### ACTIVITY:
From the data below, copy exactly the lines that lie between the one holding "unfolding hear_detections announce_failure" and the one holding "-- One more", including both, and nothing more.
_ _ _
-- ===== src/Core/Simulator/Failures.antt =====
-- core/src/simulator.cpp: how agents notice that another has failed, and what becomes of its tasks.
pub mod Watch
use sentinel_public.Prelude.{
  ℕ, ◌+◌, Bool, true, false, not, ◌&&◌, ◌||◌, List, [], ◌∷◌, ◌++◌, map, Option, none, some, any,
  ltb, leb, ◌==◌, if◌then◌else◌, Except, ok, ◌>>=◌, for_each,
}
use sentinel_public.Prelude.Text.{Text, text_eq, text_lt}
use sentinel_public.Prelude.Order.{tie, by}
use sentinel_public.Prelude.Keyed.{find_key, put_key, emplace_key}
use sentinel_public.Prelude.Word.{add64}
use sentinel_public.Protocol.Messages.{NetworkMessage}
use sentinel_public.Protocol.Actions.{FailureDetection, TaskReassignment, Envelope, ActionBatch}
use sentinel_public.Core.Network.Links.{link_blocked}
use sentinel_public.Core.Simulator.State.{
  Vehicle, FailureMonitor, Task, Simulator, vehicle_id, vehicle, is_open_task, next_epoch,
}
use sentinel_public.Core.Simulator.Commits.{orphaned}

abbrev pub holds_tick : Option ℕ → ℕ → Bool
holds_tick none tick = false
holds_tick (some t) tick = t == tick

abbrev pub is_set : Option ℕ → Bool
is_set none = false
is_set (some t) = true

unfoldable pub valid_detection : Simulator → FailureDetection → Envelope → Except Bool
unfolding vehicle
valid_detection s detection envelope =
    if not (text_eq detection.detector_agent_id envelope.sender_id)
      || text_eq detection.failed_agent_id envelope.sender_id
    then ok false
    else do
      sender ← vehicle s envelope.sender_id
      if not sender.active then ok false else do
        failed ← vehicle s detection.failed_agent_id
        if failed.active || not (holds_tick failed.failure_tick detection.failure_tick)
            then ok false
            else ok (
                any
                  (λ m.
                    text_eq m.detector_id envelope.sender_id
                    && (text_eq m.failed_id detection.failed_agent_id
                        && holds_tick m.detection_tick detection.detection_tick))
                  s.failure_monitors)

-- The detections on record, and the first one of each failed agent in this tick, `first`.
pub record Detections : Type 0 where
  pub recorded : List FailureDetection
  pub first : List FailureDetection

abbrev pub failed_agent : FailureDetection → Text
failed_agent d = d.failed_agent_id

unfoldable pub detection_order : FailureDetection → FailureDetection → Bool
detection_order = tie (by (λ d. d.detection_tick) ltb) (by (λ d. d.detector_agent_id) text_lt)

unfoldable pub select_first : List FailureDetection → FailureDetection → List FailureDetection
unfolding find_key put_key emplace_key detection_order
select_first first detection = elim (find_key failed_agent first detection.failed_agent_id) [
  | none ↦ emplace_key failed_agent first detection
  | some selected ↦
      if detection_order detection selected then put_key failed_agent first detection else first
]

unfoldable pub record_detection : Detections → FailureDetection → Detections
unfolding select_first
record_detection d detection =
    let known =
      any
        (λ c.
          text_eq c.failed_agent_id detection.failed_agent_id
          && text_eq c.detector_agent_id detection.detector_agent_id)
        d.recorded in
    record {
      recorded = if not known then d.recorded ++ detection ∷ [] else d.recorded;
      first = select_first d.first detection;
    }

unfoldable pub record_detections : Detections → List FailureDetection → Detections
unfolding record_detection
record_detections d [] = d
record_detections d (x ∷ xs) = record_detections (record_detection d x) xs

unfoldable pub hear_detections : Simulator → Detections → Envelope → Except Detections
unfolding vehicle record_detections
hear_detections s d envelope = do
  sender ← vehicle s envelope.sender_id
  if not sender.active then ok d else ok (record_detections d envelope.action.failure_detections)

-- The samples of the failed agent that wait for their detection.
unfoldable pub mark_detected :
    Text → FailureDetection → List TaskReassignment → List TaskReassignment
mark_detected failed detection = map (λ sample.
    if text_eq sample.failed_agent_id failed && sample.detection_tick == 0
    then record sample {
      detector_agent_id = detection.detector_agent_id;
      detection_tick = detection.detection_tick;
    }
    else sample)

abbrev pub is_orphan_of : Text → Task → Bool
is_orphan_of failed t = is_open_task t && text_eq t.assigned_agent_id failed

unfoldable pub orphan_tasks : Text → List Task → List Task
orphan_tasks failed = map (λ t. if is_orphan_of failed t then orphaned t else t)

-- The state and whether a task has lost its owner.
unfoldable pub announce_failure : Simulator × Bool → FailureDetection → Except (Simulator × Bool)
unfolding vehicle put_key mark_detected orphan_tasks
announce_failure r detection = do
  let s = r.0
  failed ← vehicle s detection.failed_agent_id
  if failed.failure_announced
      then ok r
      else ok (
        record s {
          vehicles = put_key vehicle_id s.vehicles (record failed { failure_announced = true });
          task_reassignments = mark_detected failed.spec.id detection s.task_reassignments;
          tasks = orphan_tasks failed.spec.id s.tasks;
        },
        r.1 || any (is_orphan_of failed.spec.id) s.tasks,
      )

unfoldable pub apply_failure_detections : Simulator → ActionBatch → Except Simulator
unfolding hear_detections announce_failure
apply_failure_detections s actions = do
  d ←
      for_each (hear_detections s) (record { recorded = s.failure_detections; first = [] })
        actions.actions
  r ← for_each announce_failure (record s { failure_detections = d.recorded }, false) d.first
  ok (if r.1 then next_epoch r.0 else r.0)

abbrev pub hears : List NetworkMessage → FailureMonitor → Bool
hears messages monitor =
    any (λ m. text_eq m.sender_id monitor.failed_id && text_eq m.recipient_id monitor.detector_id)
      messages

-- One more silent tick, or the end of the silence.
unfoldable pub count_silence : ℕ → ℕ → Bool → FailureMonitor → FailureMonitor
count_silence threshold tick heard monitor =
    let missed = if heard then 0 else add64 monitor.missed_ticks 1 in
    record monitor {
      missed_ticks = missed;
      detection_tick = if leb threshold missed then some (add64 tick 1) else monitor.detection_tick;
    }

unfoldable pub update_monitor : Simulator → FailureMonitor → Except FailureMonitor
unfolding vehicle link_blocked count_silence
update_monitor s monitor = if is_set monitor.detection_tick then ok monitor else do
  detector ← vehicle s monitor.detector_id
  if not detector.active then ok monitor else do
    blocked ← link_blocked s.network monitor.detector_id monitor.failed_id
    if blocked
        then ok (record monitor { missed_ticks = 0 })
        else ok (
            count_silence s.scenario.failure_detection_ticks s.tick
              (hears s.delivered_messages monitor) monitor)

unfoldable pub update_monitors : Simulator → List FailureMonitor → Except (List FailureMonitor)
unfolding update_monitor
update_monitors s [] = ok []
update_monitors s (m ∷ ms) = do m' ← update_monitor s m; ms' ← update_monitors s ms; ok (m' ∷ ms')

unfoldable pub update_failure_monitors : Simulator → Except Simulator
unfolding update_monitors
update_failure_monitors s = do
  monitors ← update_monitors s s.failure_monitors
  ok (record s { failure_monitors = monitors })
_ _ _
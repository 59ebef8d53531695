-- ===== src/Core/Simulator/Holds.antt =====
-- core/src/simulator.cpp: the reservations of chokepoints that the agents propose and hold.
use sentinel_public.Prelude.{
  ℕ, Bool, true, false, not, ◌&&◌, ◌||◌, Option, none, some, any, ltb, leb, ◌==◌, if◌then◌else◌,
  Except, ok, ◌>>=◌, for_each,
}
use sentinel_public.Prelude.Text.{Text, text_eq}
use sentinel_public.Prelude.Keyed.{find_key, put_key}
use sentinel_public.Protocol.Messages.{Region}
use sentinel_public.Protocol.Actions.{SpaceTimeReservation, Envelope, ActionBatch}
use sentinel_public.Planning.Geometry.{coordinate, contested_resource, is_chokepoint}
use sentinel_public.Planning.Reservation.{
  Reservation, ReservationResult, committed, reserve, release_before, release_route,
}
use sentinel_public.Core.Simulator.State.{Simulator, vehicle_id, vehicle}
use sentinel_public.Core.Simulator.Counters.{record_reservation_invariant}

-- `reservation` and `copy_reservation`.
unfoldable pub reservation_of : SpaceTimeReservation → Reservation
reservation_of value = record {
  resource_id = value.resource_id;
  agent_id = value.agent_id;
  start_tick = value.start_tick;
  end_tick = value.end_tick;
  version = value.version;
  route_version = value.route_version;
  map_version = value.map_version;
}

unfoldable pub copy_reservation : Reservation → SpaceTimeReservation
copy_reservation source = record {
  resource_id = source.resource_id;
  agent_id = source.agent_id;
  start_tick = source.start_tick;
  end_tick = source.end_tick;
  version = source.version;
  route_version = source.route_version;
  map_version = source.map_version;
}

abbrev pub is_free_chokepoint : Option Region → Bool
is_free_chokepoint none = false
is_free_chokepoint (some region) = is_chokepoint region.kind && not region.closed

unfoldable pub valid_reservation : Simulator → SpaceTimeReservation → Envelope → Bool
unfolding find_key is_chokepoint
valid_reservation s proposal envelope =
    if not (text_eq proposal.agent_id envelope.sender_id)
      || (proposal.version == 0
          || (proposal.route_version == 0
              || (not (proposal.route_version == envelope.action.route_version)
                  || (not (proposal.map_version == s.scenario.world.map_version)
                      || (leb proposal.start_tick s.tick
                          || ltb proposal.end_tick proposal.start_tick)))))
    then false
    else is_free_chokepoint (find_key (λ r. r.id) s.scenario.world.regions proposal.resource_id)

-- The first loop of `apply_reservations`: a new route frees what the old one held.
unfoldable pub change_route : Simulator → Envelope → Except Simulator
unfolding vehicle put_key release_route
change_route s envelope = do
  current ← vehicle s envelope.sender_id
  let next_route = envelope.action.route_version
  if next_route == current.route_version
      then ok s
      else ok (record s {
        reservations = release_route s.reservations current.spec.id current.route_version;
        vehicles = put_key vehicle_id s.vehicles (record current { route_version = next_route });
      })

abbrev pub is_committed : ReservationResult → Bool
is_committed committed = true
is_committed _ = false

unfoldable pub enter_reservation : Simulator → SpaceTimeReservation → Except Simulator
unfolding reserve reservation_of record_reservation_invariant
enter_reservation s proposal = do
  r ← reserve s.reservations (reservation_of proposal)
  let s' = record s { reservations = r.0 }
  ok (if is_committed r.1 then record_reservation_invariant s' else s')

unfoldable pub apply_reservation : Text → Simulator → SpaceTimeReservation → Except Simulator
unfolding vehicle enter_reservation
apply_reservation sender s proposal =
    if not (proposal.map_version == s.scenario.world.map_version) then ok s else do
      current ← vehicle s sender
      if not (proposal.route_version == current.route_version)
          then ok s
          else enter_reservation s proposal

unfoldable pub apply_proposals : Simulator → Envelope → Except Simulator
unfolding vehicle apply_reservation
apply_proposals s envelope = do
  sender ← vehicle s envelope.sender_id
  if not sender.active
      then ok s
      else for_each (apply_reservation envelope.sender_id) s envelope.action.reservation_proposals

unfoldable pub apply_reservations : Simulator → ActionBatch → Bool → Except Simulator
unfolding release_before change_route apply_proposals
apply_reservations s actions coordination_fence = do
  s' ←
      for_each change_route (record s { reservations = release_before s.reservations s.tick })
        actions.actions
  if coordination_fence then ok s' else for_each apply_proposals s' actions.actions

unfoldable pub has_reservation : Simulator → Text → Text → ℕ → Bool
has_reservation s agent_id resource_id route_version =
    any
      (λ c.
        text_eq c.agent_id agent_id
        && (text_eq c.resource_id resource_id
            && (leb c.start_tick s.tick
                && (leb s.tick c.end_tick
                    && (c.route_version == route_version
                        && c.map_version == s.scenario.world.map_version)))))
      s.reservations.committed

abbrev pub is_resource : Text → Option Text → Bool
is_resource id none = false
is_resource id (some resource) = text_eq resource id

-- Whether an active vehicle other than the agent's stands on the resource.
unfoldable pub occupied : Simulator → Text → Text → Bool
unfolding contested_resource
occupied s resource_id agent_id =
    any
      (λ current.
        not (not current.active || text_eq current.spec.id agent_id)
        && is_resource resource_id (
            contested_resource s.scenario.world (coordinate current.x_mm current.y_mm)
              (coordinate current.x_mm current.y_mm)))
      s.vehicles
_ _ _
### YOUR SOLUTION:
unfolding hear_detections announce_failure
apply_failure_detections s actions = do
  d ←
      for_each (hear_detections s) (record { recorded = s.failure_detections; first = [] })
        actions.actions
  r ← for_each announce_failure (record s { failure_detections = d.recorded }, false) d.first
  ok (if r.1 then next_epoch r.0 else r.0)

abbrev pub hears : List NetworkMessage → FailureMonitor → Bool
hears messages monitor =
    any (λ m. text_eq m.sender_id monitor.failed_id && text_eq m.recipient_id monitor.detector_id)
      messages

-- One more silent tick, or the end of the silence.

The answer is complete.